# Europicolla shower screen leak



## martyrdon (Dec 13, 2016)

Hi all,

I recently installed the pressure profiling kit from coffeehit and now I have a constant leak coming from the shower screen when the lever is fully depressed.

Initially I thought it might be the seals so I bought a kit and replaced them but this didn't solve the issue. I wonder if the new piston rod isnt lowering enough to let the piston get fully past the water inlet to the group?

Has anyone else had a similar issue with these kits?

Thanks!


----------



## MediumRoastSteam (Jul 7, 2015)

martyrdon said:


> Hi all,
> 
> I recently installed the pressure profiling kit from coffeehit and now I have a constant leak coming from the shower screen when the lever is fully depressed.
> 
> ...


 Do you have a video? Did you install the piston seals the right way up? (the open side should face outwards on both - so lower points down, upper points up).


----------



## martyrdon (Dec 13, 2016)

Sure, here's a video.






I removed the piston this morning to check the gaskets and they were in the correct way.


----------



## MediumRoastSteam (Jul 7, 2015)

I can't see any other reason for the leak unless you have damaged seals or they are not installed correctly.

The other thing it could be is that your piston is not all the way down when the lever is all the way down, allowing water to come from the boiler.

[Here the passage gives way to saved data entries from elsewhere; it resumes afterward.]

-- ===== src/Jobs/Operations/Progress.antt =====
-- That the workers of app/jobs/worker.py come to every job: what repeated claims do to a job that is due,
-- and what becomes of a job whose worker is gone.
use mathlib.Core.List.{Memᴰ}
use b24_sinedis.Prelude.{
  leb, ℕ, suc, ◌-◌, ◌≤◌, ◌<◌, String, ◌≡◌, refl, Bool, true, false, not, ◌&&◌, none, some, ◌⊎◌,
  List, [], ◌∷◌, map, arith, any, find, select, length, All, comparable_ids, Bool-cases, inl, inr,
  any-take, any-select, length-map, ==ℕ_iff,
}
use b24_sinedis.Jobs.Model.{processing, failed, AutomationJob, Table, is_waiting}
use b24_sinedis.Jobs.Repository.{
  has_id, find_job, is_due, is_stale, recover, pick_due, claim, claim_due_jobs,
}
use b24_sinedis.Jobs.Repository.Order.{any-order_by}
use b24_sinedis.Jobs.Repository.Claim.{claim_earliest, any-map-claim, is_due-of_picked}
use b24_sinedis.Jobs.Operations.{Operation, claim_due, recover_stale, apply, run}
use b24_sinedis.Jobs.Operations.Rows.{touch}
use b24_sinedis.Jobs.Operations.Lookup.{find_job-id, find_job-apply, picked-is_due}
use b24_sinedis.Jobs.Operations.Invariant.{IsSound, apply-IsSound}

mem-find {ℓ} : {A : Type ℓ} (p : A → Bool) (xs : List A) {a : A} → find p xs ≡ some a → Memᴰ a xs
mem-find p [] h = cc
mem-find p (x ∷ xs) {a} h = elim (Bool-cases (p x)) [
  | inl e ↦ Memᴰ.head (ground arith)
  | inr e ↦ Memᴰ.tail (mem-find p xs (ground arith))
]

-- A claim, by any worker, that no other transaction hinders.
pub record Batch : Type 0 where
  pub worker_id : String
  pub limit : ℕ
  pub now : ℕ
  pub stamp : ℕ

abbrev no_lock : ℕ → Bool
no_lock id = false

abbrev claim_of : Batch → Operation
claim_of b = claim_due no_lock b.worker_id b.limit b.now b.stamp

abbrev pub claims_of : List Batch → List Operation
claims_of = map claim_of

abbrev waits : AutomationJob → Bool
waits j = is_waiting j.status

abbrev pub waiting : Table → ℕ
waiting t = length (select waits t)

module _ (b : Batch) (jobs : Table) where
  abbrev marked : AutomationJob → AutomationJob
  marked = touch (claim_of b) jobs

  waiting_le : (t : Table) → waiting (map marked t) ≤ waiting t
  waiting_le [] = omega arith
  waiting_le (j ∷ t) = ground (arith, waiting_le t)

  waiting_drops :
      (t : Table)
      → any (λ j. any (has_id j.id) jobs && waits j) t ≡ true
      → suc (waiting (map marked t)) ≤ waiting t
  waiting_drops [] h = cc
  waiting_drops (j ∷ t) h = ground (arith, waiting_le t, waiting_drops t)

-- A table of rows one of which waits has a row that waits.
waiting_some : (t : Table) {j : AutomationJob} → Memᴰ j t → waits j ≡ true → 1 ≤ waiting t
waiting_some [] m h = elim m [ ]
waiting_some (k ∷ t) {j} (Memᴰ.head e) h = ground arith
waiting_some (k ∷ t) {j} (Memᴰ.tail m) h = ground (arith, waiting_some t {j = j} m)

any-picked :
    (p : AutomationJob → Bool) (limit now : ℕ) (t : Table)
    → any p (pick_due no_lock limit now t) ≡ true
    → any p t ≡ true
unfolding pick_due
any-picked p limit now t h = any-select p _ t (any-order_by p _ (any-take p limit _ h))

head-waits :
    (now : ℕ) (k : AutomationJob) (ks : Table)
    → is_due now k ≡ true
    → any (λ j. any (has_id j.id) (k ∷ ks) && waits j) (k ∷ ks) ≡ true
head-waits now k ks due = ground (arith, ==ℕ_iff k.id k.id)

-- A batch that is not empty takes a row that waits.
picked-waits :
    (b : Batch) (t : Table)
    → 1 ≤ length (pick_due no_lock b.limit b.now t)
    → any (λ j. any (has_id j.id) (pick_due no_lock b.limit b.now t) && waits j) t ≡ true
picked-waits b t h =
    takes (pick_due no_lock b.limit b.now t) refl (is_due-of_picked no_lock b.limit b.now t) h
  where
    takes :
        (jobs : Table)
        → pick_due no_lock b.limit b.now t ≡ jobs
        → All (λ j. (is_due b.now j && not (no_lock j.id)) ≡ true) jobs
        → 1 ≤ length jobs
        → any (λ j. any (has_id j.id) jobs && waits j) t ≡ true
    takes [] e due h = absurd (omega arith)
    takes (k ∷ ks) e due h =
        any-picked (λ j. any (has_id j.id) (k ∷ ks) && waits j) b.limit b.now t
          (rw e (head-waits b.now k ks (ground arith)))

module _ (b : Batch) (t : Table) (id : ℕ) {j : AutomationJob} (f : find_job id t ≡ some j) where
  claim-passed :
      any (has_id id) (pick_due no_lock b.limit b.now t) ≡ false
      → find_job id (apply (claim_of b) t) ≡ some j
  claim-passed h = rw (find_job-apply (claim_of b) t id f, find_job-id id t f, h) refl

  claim-taken :
      any (has_id id) (pick_due no_lock b.limit b.now t) ≡ true
      → find_job id (apply (claim_of b) t) ≡ some (claim b.worker_id b.now b.stamp j)
  claim-taken h = rw (find_job-apply (claim_of b) t id f, find_job-id id t f, h) refl

  claim-leaves : IsSound t → waits j ≡ false → find_job id (apply (claim_of b) t) ≡ some j
  claim-leaves s p = elim (Bool-cases (any (has_id id) (pick_due no_lock b.limit b.now t))) [
    | inr h ↦ claim-passed h
    | inl h ↦
        let (due, free) = picked-is_due no_lock b.limit b.now t id s.distinct_ids f h in
        absurd (ground arith)
  ]

-- A batch that passes over a job that is due takes another row that waits.
waiting_falls :
    (b : Batch) (t : Table) (j : AutomationJob)
    → Memᴰ j t
    → is_due b.now j ≡ true
    → 1 ≤ b.limit
    → any (has_id j.id) (pick_due no_lock b.limit b.now t) ≡ false
    → suc (waiting (apply (claim_of b) t)) ≤ waiting t
unfolding apply claim_due_jobs
waiting_falls b t j m due some_room h =
    let jobs = pick_due no_lock b.limit b.now t in
    let (full, after) =
      claim_earliest no_lock b.worker_id b.limit b.now b.stamp t j m due refl
        (rw any-map-claim h) in
    let filled : length jobs ≡ b.limit = rw length-map at full in
    waiting_drops b jobs t (picked-waits b t (omega (arith, filled, some_room)))

-- A row that does not wait stays as it is under claims.
stays_in_claims :
    (bs : List Batch) (t : Table) (id : ℕ) {k : AutomationJob}
    → IsSound t
    → find_job id t ≡ some k
    → waits k ≡ false
    → find_job id (run (claims_of bs) t) ≡ some k
unfolding run
stays_in_claims [] t id s f p = f
stays_in_claims (b ∷ bs) t id {k} s f p =
    stays_in_claims bs (apply (claim_of b) t) id (apply-IsSound (claim_of b) t s)
      (claim-leaves b t id f s p) p

-- A lease of the worker of one of the batches, from the time of that batch.
abbrev pub IsLeaseOf : List Batch → AutomationJob → Type 0
IsLeaseOf bs k =
    (b : Batch) × Memᴰ b bs × (k.locked_by ≡ some b.worker_id) × (k.locked_at ≡ some b.now)

-- The batch that takes a job that is due leaves it leased by its worker.
due_leased :
    (bs : List Batch) (t : Table) (id : ℕ) (j : AutomationJob)
    → IsSound t
    → find_job id t ≡ some j
    → waits j ≡ true
    → j.attempts < j.max_attempts
    → All (λ b. (1 ≤ b.limit) × (j.run_at ≤ b.now)) bs
    → waiting t ≤ length bs
    → (k : AutomationJob) × (find_job id (run (claims_of bs) t) ≡ some k)
      × (k.status ≡ processing)
      × (k.attempts ≡ suc j.attempts)
      × IsLeaseOf bs k
unfolding run find_job
due_leased [] t id j s f w a h enough =
    absurd (ground (arith, waiting_some t {j = j} (mem-find (has_id id) t f) w))
due_leased (b ∷ bs) t id j s f w a h enough =
    elim (Bool-cases (any (has_id id) (pick_due no_lock b.limit b.now t))) [
      | inl now ↦
          let k = claim b.worker_id b.now b.stamp j in
          let taken = claim-taken b t id f now in
          (
            k,
            stays_in_claims bs (apply (claim_of b) t) id (apply-IsSound (claim_of b) t s) taken
                refl,
            refl,
            omega arith,
            (b, Memᴰ.head refl, refl, refl),
          )
      | inr later ↦
          let (k, found, status, attempts, (c, m, by, at)) =
            due_leased bs (apply (claim_of b) t) id j (apply-IsSound (claim_of b) t s)
              (claim-passed b t id f later) w a h.1
              (let falls =
                  waiting_falls b t j (mem-find (has_id id) t f) (ground arith) h.0.0
                    (rw (find_job-id id t f) later) in
                omega (arith, falls, enough)) in
          (k, found, status, attempts, (c, Memᴰ.tail m, by, at))
    ]

-- A job that is due is claimed by one of the batches that workers take, once there are as many batches as
-- rows that wait, and its attempt is counted: no other row keeps it waiting for ever. The batches are not
-- empty and come after the job's time, in any order and by any workers, and no row is locked by another
-- transaction.
pub due_claimed :
    (bs : List Batch) (t : Table) (id : ℕ) (j : AutomationJob)
    → IsSound t
    → find_job id t ≡ some j
    → waits j ≡ true
    → j.attempts < j.max_attempts
    → All (λ b. (1 ≤ b.limit) × (j.run_at ≤ b.now)) bs
    → waiting t ≤ length bs
    → (k : AutomationJob) × (find_job id (run (claims_of bs) t) ≡ some k)
      × (k.status ≡ processing)
      × (k.attempts ≡ suc j.attempts)
due_claimed bs t id j s f w a h enough =
    let (k, found, status, attempts, lease) = due_leased bs t id j s f w a h enough in
    (k, found, status, attempts)

-- A job whose worker is gone comes back: once its lease is older than the time-out, a recovery and as
-- many further batches as rows wait leave it leased by the worker of one of these batches, from the time
-- of that batch and with its attempt counted, or failed and without a lease if its attempts were used up.
-- The batches are not empty, none comes before the recovery, and no row is locked by another transaction.
pub abandoned_returns :
    (stamp now lock_timeout : ℕ) (bs : List Batch) (t : Table) (id : ℕ) (j : AutomationJob)
    → IsSound t
    → find_job id t ≡ some j
    → is_stale (now - lock_timeout) j ≡ true
    → All (λ b. (1 ≤ b.limit) × (now ≤ b.now)) bs
    → waiting (apply (recover_stale stamp now lock_timeout) t) ≤ length bs
    → (k : AutomationJob) × (find_job id
          (run (recover_stale stamp now lock_timeout ∷ claims_of bs) t)
        ≡ some k)
      × (((leb j.max_attempts j.attempts ≡ true)
            × (k.status ≡ failed)
            × (k.attempts ≡ j.attempts)
            × (k.locked_by ≡ none))
          ⊎ ((leb j.max_attempts j.attempts ≡ false)
              × (k.status ≡ processing)
              × (k.attempts ≡ suc j.attempts)
              × IsLeaseOf bs k))
unfolding run
abandoned_returns stamp now lock_timeout bs t id j s f stale h enough =
    let o = recover_stale stamp now lock_timeout in
    let sound = apply-IsSound o t s in
    let back : find_job id (apply o t) ≡ some (recover now stamp j) =
      rw (find_job-apply o t id f, stale) refl in
    elim (Bool-cases (leb j.max_attempts j.attempts)) [
      | inl used ↦ (
        recover now stamp j,
        stays_in_claims bs (apply o t) id sound back (rw used refl),
        inl (used, rw used refl, refl, refl),
      )
      | inr left ↦
          let (k, found, status, attempts, lease) =
            due_leased bs (apply o t) id (recover now stamp j) sound back (rw left refl)
              (ground arith) (rw left h) enough in
          (k, found, inr (left, status, attempts, lease))
    ]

The other possible causes:

- Cracked sleeve;
- Sleeve seal damaged

Which, unless you've been brutally heavy handed and abused the machine like crazy when installing the kit, I can't see how on earth how that could possibly be damaged.


----------



## martyrdon (Dec 13, 2016)

Well, I got it fixed.

Turns out I had not applied PTFE to to the part of the piston rod that screws into the piston. I then also ensured that the piston could fully lower to cover the water inlet.

Thanks for all your help!


----------